[Stored records]
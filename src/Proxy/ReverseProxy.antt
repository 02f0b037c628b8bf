-- ===== src/Proxy/ReverseProxy.antt =====
-- What httputil.ReverseProxy does around the director and the transport, for the use that
-- internal/proxy/handler.go makes of it. Trailers and informational answers are left out.
pub mod Laws
use codesteward_audit_proxy.Base.{
  Bool, true, false, ◌&&◌, ◌||◌, Option, none, some, List, [], ◌∷◌, ◌++◌, within, if◌then◌else◌,
  is_nil, map, ◌≡◌, refl,
}
use codesteward_audit_proxy.Base.Bytes.{
  Bytes, codes, eq_bytes, trim_left, trim_right, split, lower_byte,
}
use codesteward_audit_proxy.Proxy.Http.{canonical_key, Header, remove_key, header_get, Request}

-- The values under a canonical key.
unfoldable pub header_values : Bytes → Header → List Bytes
unfolding eq_bytes
header_values key [] = []
header_values key ((k, v) ∷ h) =
    let rest = header_values key h in if eq_bytes k key then v ∷ rest else rest

-- Header.Set, at a canonical key
abbrev pub header_set : Bytes → Bytes → Header → Header
header_set key v h = remove_key key h ++ (key, v) ∷ []

abbrev optional_space : Bytes
optional_space = b' ' ∷ b'\t' ∷ []

trim_ows : Bytes → Bytes
unfolding trim_left trim_right
trim_ows s = trim_right optional_space (trim_left optional_space s)

-- textproto.TrimString
pub trim_string : Bytes → Bytes
unfolding trim_left trim_right
trim_string s = let cut = b' ' ∷ b'\t' ∷ b'\n' ∷ b'\r' ∷ [] in trim_right cut (trim_left cut s)

any_token : Bytes → List Bytes → Bool
unfolding trim_ows eq_bytes
any_token token [] = false
any_token token (p ∷ ps) = eq_bytes (map lower_byte (trim_ows p)) token || any_token token ps

-- httpguts.HeaderValuesContainsToken, for a token in small letters
unfoldable pub contain_token : Bytes → List Bytes → Bool
unfolding any_token split
contain_token token [] = false
contain_token token (v ∷ vs) = any_token token (split b',' v) || contain_token token vs

unfoldable pub upgrade_type : Header → Bytes
unfolding contain_token header_values header_get
upgrade_type h =
    if contain_token (codes "upgrade") (header_values (codes "Connection") h)
    then header_get h "Upgrade"
    else []

-- ascii.IsPrint
is_print : Bytes → Bool
is_print [] = true
is_print (c ∷ s) = within b' ' b'~' c && is_print s

remove_listed : List Bytes → Header → Header
unfolding trim_string remove_key canonical_key
remove_listed [] h = h
remove_listed (f ∷ fs) h =
    remove_listed fs
      (if is_nil (trim_string f) then h else remove_key (canonical_key (trim_string f)) h)

-- The fields that the values of Connection name.
remove_connection : List Bytes → Header → Header
unfolding remove_listed split
remove_connection [] h = h
remove_connection (v ∷ vs) h = remove_connection vs (remove_listed (split b',' v) h)

abbrev pub hop_headers : List Bytes
hop_headers =
    codes "Connection"
    ∷ codes "Proxy-Connection"
    ∷ codes "Keep-Alive"
    ∷ codes "Proxy-Authenticate"
    ∷ codes "Proxy-Authorization"
    ∷ codes "Te"
    ∷ codes "Trailer"
    ∷ codes "Transfer-Encoding"
    ∷ codes "Upgrade"
    ∷ []

remove_all : List Bytes → Header → Header
unfolding remove_key
remove_all [] h = h
remove_all (k ∷ ks) h = remove_all ks (remove_key k h)

-- removeHopByHopHeaders
unfoldable pub remove_hop_by_hop : Header → Header
unfolding remove_all remove_connection header_values
remove_hop_by_hop h =
    remove_all hop_headers (remove_connection (header_values (codes "Connection") h) h)

join_comma : List Bytes → Bytes → Bytes
join_comma [] last = last
join_comma (v ∷ vs) last = v ++ (codes ", " ++ join_comma vs last)

-- The address of the client, if RemoteAddr has one, behind the values that are there.
add_forwarded : Option Bytes → Header → Header
unfolding join_comma header_values
add_forwarded none h = h
add_forwarded (some ip) h =
    header_set (codes "X-Forwarded-For") (join_comma (header_values (codes "X-Forwarded-For") h) ip)
      h

keep_agent : Header → Header
unfolding header_values
keep_agent h =
    if is_nil (header_values (codes "User-Agent") h)
    then header_set (codes "User-Agent") [] h
    else h

-- The header for the transport: `original` is the header of the incoming request.
unfoldable pub forward_header : Option Bytes → Header → Header → Header
unfolding keep_agent add_forwarded remove_hop_by_hop contain_token header_values
forward_header client_ip original h =
    let upgrade = upgrade_type h in
    let kept = remove_hop_by_hop h in
    let with_te =
      if contain_token (codes "trailers") (header_values (codes "Te") original)
      then header_set (codes "Te") (codes "trailers") kept
      else kept in
    let with_upgrade =
      if is_nil upgrade
      then with_te
      else header_set (codes "Upgrade") upgrade
          (header_set (codes "Connection") (codes "Upgrade") with_te) in
    keep_agent (add_forwarded client_ip with_upgrade)

-- Whether the proxy forwards a request with this header at all.
unfoldable pub is_forwarded : Header → Bool
unfolding is_print
is_forwarded h = is_print (upgrade_type h)

unfoldable pub forward : Option Bytes → Header → Request → Request
unfolding forward_header
forward client_ip original req = record req {
  header = forward_header client_ip original req.header;
}

several :
    header_values
      (codes "A")
      ((codes "A", codes "1") ∷ (codes "B", codes "2") ∷ (codes "A", codes "3") ∷ [])
    ≡ codes "1" ∷ codes "3" ∷ []
unfolding header_values
several = refl

hop_by_hop :
    remove_hop_by_hop (
      (codes "Connection", codes "close, X-A")
      ∷ (codes "X-A", codes "1")
      ∷ (codes "Accept", codes "2")
      ∷ [])
    ≡ (codes "Accept", codes "2") ∷ []
unfolding remove_hop_by_hop
hop_by_hop = refl

upgrading :
    upgrade_type (
      (codes "Connection", codes "keep-alive, Upgrade") ∷ (codes "Upgrade", codes "websocket") ∷ [])
    ≡ codes "websocket"
unfolding upgrade_type
upgrading = refl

- PROBLEM:
Retype every line above with nothing changed.

- RESPONSE TO THIS TASK:
filename src/Proxy/ReverseProxy.antt
repository 02f0b037c628b8bf
-- ===== src/Proxy/ReverseProxy.antt =====
-- What httputil.ReverseProxy does around the director and the transport, for the use that
-- internal/proxy/handler.go makes of it. Trailers and informational answers are left out.
pub mod Laws
use codesteward_audit_proxy.Base.{
  Bool, true, false, ◌&&◌, ◌||◌, Option, none, some, List, [], ◌∷◌, ◌++◌, within, if◌then◌else◌,
  is_nil, map, ◌≡◌, refl,
}
use codesteward_audit_proxy.Base.Bytes.{
  Bytes, codes, eq_bytes, trim_left, trim_right, split, lower_byte,
}
use codesteward_audit_proxy.Proxy.Http.{canonical_key, Header, remove_key, header_get, Request}

-- The values under a canonical key.
unfoldable pub header_values : Bytes → Header → List Bytes
unfolding eq_bytes
header_values key [] = []
header_values key ((k, v) ∷ h) =
    let rest = header_values key h in if eq_bytes k key then v ∷ rest else rest

-- Header.Set, at a canonical key
abbrev pub header_set : Bytes → Bytes → Header → Header
header_set key v h = remove_key key h ++ (key, v) ∷ []

abbrev optional_space : Bytes
optional_space = b' ' ∷ b'\t' ∷ []

trim_ows : Bytes → Bytes
unfolding trim_left trim_right
trim_ows s = trim_right optional_space (trim_left optional_space s)

-- textproto.TrimString
pub trim_string : Bytes → Bytes
unfolding trim_left trim_right
trim_string s = let cut = b' ' ∷ b'\t' ∷ b'\n' ∷ b'\r' ∷ [] in trim_right cut (trim_left cut s)

any_token : Bytes → List Bytes → Bool
unfolding trim_ows eq_bytes
any_token token [] = false
any_token token (p ∷ ps) = eq_bytes (map lower_byte (trim_ows p)) token || any_token token ps

-- httpguts.HeaderValuesContainsToken, for a token in small letters
unfoldable pub contain_token : Bytes → List Bytes → Bool
unfolding any_token split
contain_token token [] = false
contain_token token (v ∷ vs) = any_token token (split b',' v) || contain_token token vs

unfoldable pub upgrade_type : Header → Bytes
unfolding contain_token header_values header_get
upgrade_type h =
    if contain_token (codes "upgrade") (header_values (codes "Connection") h)
    then header_get h "Upgrade"
    else []

-- ascii.IsPrint
is_print : Bytes → Bool
is_print [] = true
is_print (c ∷ s) = within b' ' b'~' c && is_print s

remove_listed : List Bytes → Header → Header
unfolding trim_string remove_key canonical_key
remove_listed [] h = h
remove_listed (f ∷ fs) h =
    remove_listed fs
      (if is_nil (trim_string f) then h else remove_key (canonical_key (trim_string f)) h)

-- The fields that the values of Connection name.
remove_connection : List Bytes → Header → Header
unfolding remove_listed split
remove_connection [] h = h
remove_connection (v ∷ vs) h = remove_connection vs (remove_listed (split b',' v) h)

abbrev pub hop_headers : List Bytes
hop_headers =
    codes "Connection"
    ∷ codes "Proxy-Connection"
    ∷ codes "Keep-Alive"
    ∷ codes "Proxy-Authenticate"
    ∷ codes "Proxy-Authorization"
    ∷ codes "Te"
    ∷ codes "Trailer"
    ∷ codes "Transfer-Encoding"
    ∷ codes "Upgrade"
    ∷ []

remove_all : List Bytes → Header → Header
unfolding remove_key
remove_all [] h = h
remove_all (k ∷ ks) h = remove_all ks (remove_key k h)

-- removeHopByHopHeaders
unfoldable pub remove_hop_by_hop : Header → Header
unfolding remove_all remove_connection header_values
remove_hop_by_hop h =
    remove_all hop_headers (remove_connection (header_values (codes "Connection") h) h)

join_comma : List Bytes → Bytes → Bytes
join_comma [] last = last
join_comma (v ∷ vs) last = v ++ (codes ", " ++ join_comma vs last)

-- The address of the client, if RemoteAddr has one, behind the values that are there.
add_forwarded : Option Bytes → Header → Header
unfolding join_comma header_values
add_forwarded none h = h
add_forwarded (some ip) h =
    header_set (codes "X-Forwarded-For") (join_comma (header_values (codes "X-Forwarded-For") h) ip)
      h

keep_agent : Header → Header
unfolding header_values
keep_agent h =
    if is_nil (header_values (codes "User-Agent") h)
    then header_set (codes "User-Agent") [] h
    else h

-- The header for the transport: `original` is the header of the incoming request.
unfoldable pub forward_header : Option Bytes → Header → Header → Header
unfolding keep_agent add_forwarded remove_hop_by_hop contain_token header_values
forward_header client_ip original h =
    let upgrade = upgrade_type h in
    let kept = remove_hop_by_hop h in
    let with_te =
      if contain_token (codes "trailers") (header_values (codes "Te") original)
      then header_set (codes "Te") (codes "trailers") kept
      else kept in
    let with_upgrade =
      if is_nil upgrade
      then with_te
      else header_set (codes "Upgrade") upgrade
          (header_set (codes "Connection") (codes "Upgrade") with_te) in
    keep_agent (add_forwarded client_ip with_upgrade)

-- Whether the proxy forwards a request with this header at all.
unfoldable pub is_forwarded : Header → Bool
unfolding is_print
is_forwarded h = is_print (upgrade_type h)

unfoldable pub forward : Option Bytes → Header → Request → Request
unfolding forward_header
forward client_ip original req = record req {
  header = forward_header client_ip original req.header;
}

several :
    header_values
      (codes "A")
      ((codes "A", codes "1") ∷ (codes "B", codes "2") ∷ (codes "A", codes "3") ∷ [])
    ≡ codes "1" ∷ codes "3" ∷ []
unfolding header_values
several = refl

hop_by_hop :
    remove_hop_by_hop (
      (codes "Connection", codes "close, X-A")
      ∷ (codes "X-A", codes "1")
      ∷ (codes "Accept", codes "2")
      ∷ [])
    ≡ (codes "Accept", codes "2") ∷ []
unfolding remove_hop_by_hop
hop_by_hop = refl

upgrading :
    upgrade_type (
      (codes "Connection", codes "keep-alive, Upgrade") ∷ (codes "Upgrade", codes "websocket") ∷ [])
    ≡ codes "websocket"
unfolding upgrade_type
upgrading = refl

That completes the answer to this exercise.